SpinModels.jl
Construct all of your favorite spin-$\frac{1}{2}$ models with ease.
Recipe
- Define a coupling matrix like
J = PowerLaw(6)(Chain(10)) - Add the relevant terms of your Hamiltonian and apply couplings like
H = J*(XX() + YY() + Δ*ZZ()) - Convert to sparse/dense with
SparseArrays.sparse(H)/LinearAlgebra.Matrix(H)
Usage examples
The (standard) MBL Hamiltonian $\hat{H} = \frac{J}{4}\sum_i \left(\sigma_+^{(i)}\sigma_-^{(j)} + \sigma_-^{(i)}\sigma_+^{(j)} + 2\Delta \sigma_z^{(i)}\sigma_z^{(j)}\right) + \sum_i h_i \sigma_z^{(i)}$ could be constructed like so:
N = 10 # number of spins
h = 5.0 # strength of disorder
Δ = 1.0 # strength of Ising coupling, here XXX model
geometry = NN(Chain(N)) # nearest neighbor chain...
J_matrix = interaction_matrix(ConstantInteraction(J), geometry) # ... with constant interactions
# could also use ConstantInteraction(J)(geometry)
h_vec = h*(rand(N) .- 1) # random fields
H = J_matrix/4 * (Hopping() + 2*Δ*ZZ()) + h_vec*Z()This object H can now be converted to either sparse or dense matrices using SparseArrays.sparse(H) or LinearAlgebra.Matrix(H) respectively.
Structure of this package
A spin model's Hamiltonian consists of the sum of different terms, such as XX or Z, that denote different Pauli operator combinations (here: $\sigma^{(i)}_x \sigma^{(j)}_x$ and $\sigma_z^{(i)}$). To be able to realize the Hamiltonian's matrix, each term needs to have information about the coupling strengths. For one-body terms this is a vector and for two-body terms a matrix. The sizes of these coupling arrays correspond to the amount of spins in the model (and as such need to be equal across all terms).
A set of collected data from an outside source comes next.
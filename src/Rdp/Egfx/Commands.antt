-- ===== src/Rdp/Egfx/Commands.antt =====
-- rdp-sidecar/src/egfx.rs: the commands that draw. A panic is `none`.
use avash.Base.{
  ℕ, zero, suc, ◌+◌, ◌*◌, true, false, ◌||◌, Option, none, some, List, [], ◌∷◌, ◌++◌, length, take,
  drop, get_or, ltb, leb, ◌==◌, if◌then◌else◌,
}
use avash.Base.Text.{Bytes}
use avash.Base.Table.{find, put}
use avash.Rdp.Frame.{slice}
use avash.Rdp.Surface.{Surface, Zone, of_edges, write, extract, fill}
use avash.Rdp.Cache.{deposit, read}
use avash.Rdp.Progressive.Decoder.{Canvas, Decoded}
use avash.Rdp.Progressive.Region.{decode}
use avash.Rdp.Egfx.Pdu.{indexed, u16_at, u32_at, bgra_to_rgba, bgra_to_rgba_in_place, opaque}
use avash.Rdp.Egfx.State.{Codecs, Egfx, publish}

abbrev pub codec_clear : ℕ
codec_clear = 8

abbrev pub codec_planar : ℕ
codec_planar = 10

abbrev pub codec_raw : ℕ
codec_raw = 0

abbrev pub codec_progressive : ℕ
codec_progressive = 9

abbrev pub with_surface : Canvas → Surface → Canvas
with_surface c s = record c { surface = s }

-- A surface and the zones that were drawn on it.
pub record Drawn : Type 0 where
  pub surface : Surface
  pub zones : List Zone

-- The loop of `solid_fill` over the rectangles that follow, `n` of which are announced.
unfoldable pub fill_zones : ℕ → Bytes → Bytes → Drawn → Option Drawn
unfolding of_edges fill
fill_zones zero rest colour d = some d
fill_zones (suc n) rest colour d = elim (leb 8 (length rest)) [
  | false ↦ some d
  | true ↦ elim (of_edges rest) [
    | none ↦ fill_zones n (drop 8 rest) colour d
    | some zone ↦ elim (fill d.surface zone colour) [
      | none ↦ none
      | some none ↦ fill_zones n (drop 8 rest) colour d
      | some (some (z, s)) ↦
          fill_zones n (drop 8 rest) colour (record { surface = s; zones = d.zones ++ z ∷ [] })
    ]
  ]
]

abbrev pub target_at : Bytes → ℕ → ℕ → Zone
target_at p width height = record { x = u16_at p 0; y = u16_at p 2; width = width; height = height }

-- The loops of `surface_vers_surface` and `cache_vers_surface` over the points that follow.
unfoldable pub paste_all : ℕ → Bytes → ℕ → ℕ → Bytes → Drawn → Drawn
unfolding write
paste_all zero rest width height pixels d = d
paste_all (suc n) rest width height pixels d = elim (leb 4 (length rest)) [
  | false ↦ d
  | true ↦ elim (write d.surface (target_at rest width height) pixels (width * 4)) [
    | none ↦ paste_all n (drop 4 rest) width height pixels d
    | some (z, s) ↦
        paste_all n (drop 4 rest) width height pixels
          (record { surface = s; zones = d.zones ++ z ∷ [] })
  ]
]

module _ (codecs : Codecs) where
  open codecs use {clear_decode, planar_decode, progressive}

  -- The surface `id`, redrawn, and what is published of it.
  unfoldable pub redrawn : Egfx codecs → ℕ → Canvas → Drawn → Egfx codecs
  unfolding put publish
  redrawn e id c d =
      publish codecs (record e { surfaces = put e.surfaces id (with_surface c d.surface) }) id
        d.zones

  abbrev pub redrawn_if : Egfx codecs → ℕ → Canvas → Option Drawn → Option (Egfx codecs)
  redrawn_if e id c none = none
  redrawn_if e id c (some d) = some (redrawn e id c d)

  -- `solid_fill`
  unfoldable pub solid_fill : Egfx codecs → Bytes → Option (Egfx codecs)
  unfolding find fill_zones redrawn
  solid_fill e c =
      let id = u16_at c 0 in
      let colour : Bytes = get_or c 4 0 ∷ get_or c 3 0 ∷ get_or c 2 0 ∷ 0xff ∷ [] in
      indexed 8 c (elim (find e.surfaces id) [
        | none ↦ some e
        | some canvas ↦ redrawn_if e id canvas (
            fill_zones (u16_at c 6) (drop 8 c) colour
              (record { surface = canvas.surface; zones = [] }))
      ])

  -- `surface_vers_surface`
  unfoldable pub surface_to_surface : Egfx codecs → Bytes → Option (Egfx codecs)
  unfolding of_edges find extract paste_all redrawn
  surface_to_surface e c = indexed 12 c (elim (of_edges (take 8 (drop 4 c))) [
    | none ↦ some e
    | some zone ↦ elim (find e.surfaces (u16_at c 0)) [
      | none ↦ some e
      | some src ↦ elim (extract src.surface zone) [
        | none ↦ some e
        | some (z, pixels) ↦ indexed 14 c (elim (find e.surfaces (u16_at c 2)) [
          | none ↦ some e
          | some canvas ↦ some (
              redrawn e (u16_at c 2) canvas (
                paste_all (u16_at c 12) (drop 14 c) z.width z.height pixels
                  (record { surface = canvas.surface; zones = [] })))
        ])
      ]
    ]
  ])

  -- `surface_vers_cache`
  unfoldable pub surface_to_cache : Egfx codecs → Bytes → Option (Egfx codecs)
  unfolding of_edges find extract deposit
  surface_to_cache e c = indexed 20 c (elim (of_edges (take 8 (drop 12 c))) [
    | none ↦ some e
    | some zone ↦ elim (find e.surfaces (u16_at c 0)) [
      | none ↦ some e
      | some src ↦ elim (extract src.surface zone) [
        | none ↦ some e
        | some (z, pixels) ↦
            some (record e { cache = deposit e.cache (u16_at c 10) z.width z.height pixels })
      ]
    ]
  ])

  -- `cache_vers_surface`
  unfoldable pub cache_to_surface : Egfx codecs → Bytes → Option (Egfx codecs)
  unfolding read find paste_all redrawn
  cache_to_surface e c = indexed 6 c (elim (read e.cache (u16_at c 0)) [
    | none ↦ some e
    | some entry ↦ elim (find e.surfaces (u16_at c 2)) [
      | none ↦ some e
      | some canvas ↦ some (
          redrawn e (u16_at c 2) canvas (
            paste_all (u16_at c 4) (drop 6 c) entry.width entry.height entry.pixels
              (record { surface = canvas.surface; zones = [] })))
    ]
  ])

  -- The end of `decoder_surface`: the zones are published if the stream is read to its end.
  abbrev pub decoded : Egfx codecs → ℕ → Decoded → Egfx codecs
  decoded e id d =
      let e' : Egfx codecs = record e { surfaces = put e.surfaces id d.canvas; work = d.work } in
      if d.succeeded then publish codecs e' id d.zones else e'

  -- `decoder_surface`
  unfoldable pub decode_surface : Egfx codecs → Bytes → Option (Egfx codecs)
  unfolding find put decode publish
  decode_surface e c = indexed 4 c (
      if u16_at c 2 == codec_progressive
      then elim (find e.surfaces (u16_at c 0)) [
        | none ↦ some e
        | some canvas ↦
            indexed 13 c
              (some (decoded e (u16_at c 0) (decode progressive (drop 13 c) canvas e.work)))
      ]
      else some e)

  -- What a codec makes of an image: the state after it, and its pixels in RGBA.
  unfoldable pub image_of : Egfx codecs → ℕ → Bytes → ℕ → ℕ → Egfx codecs × Option Bytes
  unfolding bgra_to_rgba bgra_to_rgba_in_place opaque
  image_of e codec octets l h =
      let (clear, v) = clear_decode e.clear octets l h in
      let (planar, rgb) = planar_decode e.planar octets l h in
      if codec == codec_clear
      then (
        record e { clear = clear; clear_decodings = e.clear_decodings + 1 },
        elim v [
          | none ↦ none
          | some bgra ↦
              if leb (l * h * 4) (length bgra)
              then some (bgra_to_rgba_in_place bgra (l * h * 4))
              else none
        ],
      )
      else if codec == codec_planar
      then (
        record e { planar = planar },
        elim rgb [
          | none ↦ none
          | some o ↦ if leb (l * h * 3) (length o) then some (opaque o (l * h)) else none
        ],
      )
      else if codec == codec_raw
      then (
        e,
        if leb (l * h * 4) (length octets)
            then some (bgra_to_rgba (take (l * h * 4) octets))
            else none,
      )
      else (e, none)

  abbrev pub drawn_image : Egfx codecs → ℕ → Canvas → Zone → Option Bytes → Egfx codecs
  drawn_image e id canvas zone none = e
  drawn_image e id canvas zone (some rgba) =
      elim (write canvas.surface zone rgba (zone.width * 4)) [
        | none ↦ e
        | some (z, s) ↦ redrawn e id canvas (record { surface = s; zones = z ∷ [] })
      ]

  -- `wire_to_surface_1`: an image that does not fit is refused before it is decoded.
  unfoldable pub wire_to_surface : Egfx codecs → Bytes → Option (Egfx codecs)
  unfolding of_edges slice find image_of write redrawn
  wire_to_surface e c = indexed 13 c (elim (of_edges (take 8 (drop 5 c))) [
    | none ↦ some e
    | some zone ↦ indexed 17 c (elim (slice c 17 (u32_at c 13)) [
      | none ↦ some e
      | some octets ↦ elim (find e.surfaces (u16_at c 0)) [
        | none ↦ some e
        | some canvas ↦
            let (e', rgba) = image_of e (u16_at c 2) octets zone.width zone.height in
            if ltb canvas.surface.width (zone.x + zone.width)
              || ltb canvas.surface.height (zone.y + zone.height)
            then some e
            else some (drawn_image e' (u16_at c 0) canvas zone rgba)
      ]
    ])
  ])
For ease of use, there are several helpful structs and functions implemented to make constructing commonly used coupling types easy. They are organized into Geometrys and Interactions. See Coupling matrices.
A word on ordering the basis states
The basis of a spin-$\frac{1}{2}$ model can be easily represented by numbers in binary, where each $0$ denotes a $|\uparrow\rangle$ and each $1$ denotes a $|\downarrow\rangle$. The 3-spin state $|\uparrow\downarrow\uparrow\rangle$ for example gets the number $010_2 = 2_{10}$ and as such is the third basis state (1-based counting).
There are now two ways of organizing the basis with respect to the coupling matrices: The coupling $J_{i,j}$ couples the $i$th spin with the $j$th spin, where the $i$th spin is
- the spin at position $i$ in the state vector (order like $|1\rangle\otimes|2\rangle\otimes|3\rangle\ldots$)
- the spin corresponding to the $i$th digit in the binary expansion with value $2^{i-1}$ (order like $\ldots|3\rangle\otimes|2\rangle\otimes|1\rangle$)
I'd argue that for the sake of doing bit manipulation on the state numbers the latter is more convenient as one does not need to know the total amount of spins. Currently this library counts its spins from the LEFT corresponding to the FORMER (1.) option (due to legacy code reasons).
Ultimately this issue boils down to the inconsistency in writing generally from left to right except when writing numbers, where the lowest valued place is on the right and increasing to the left.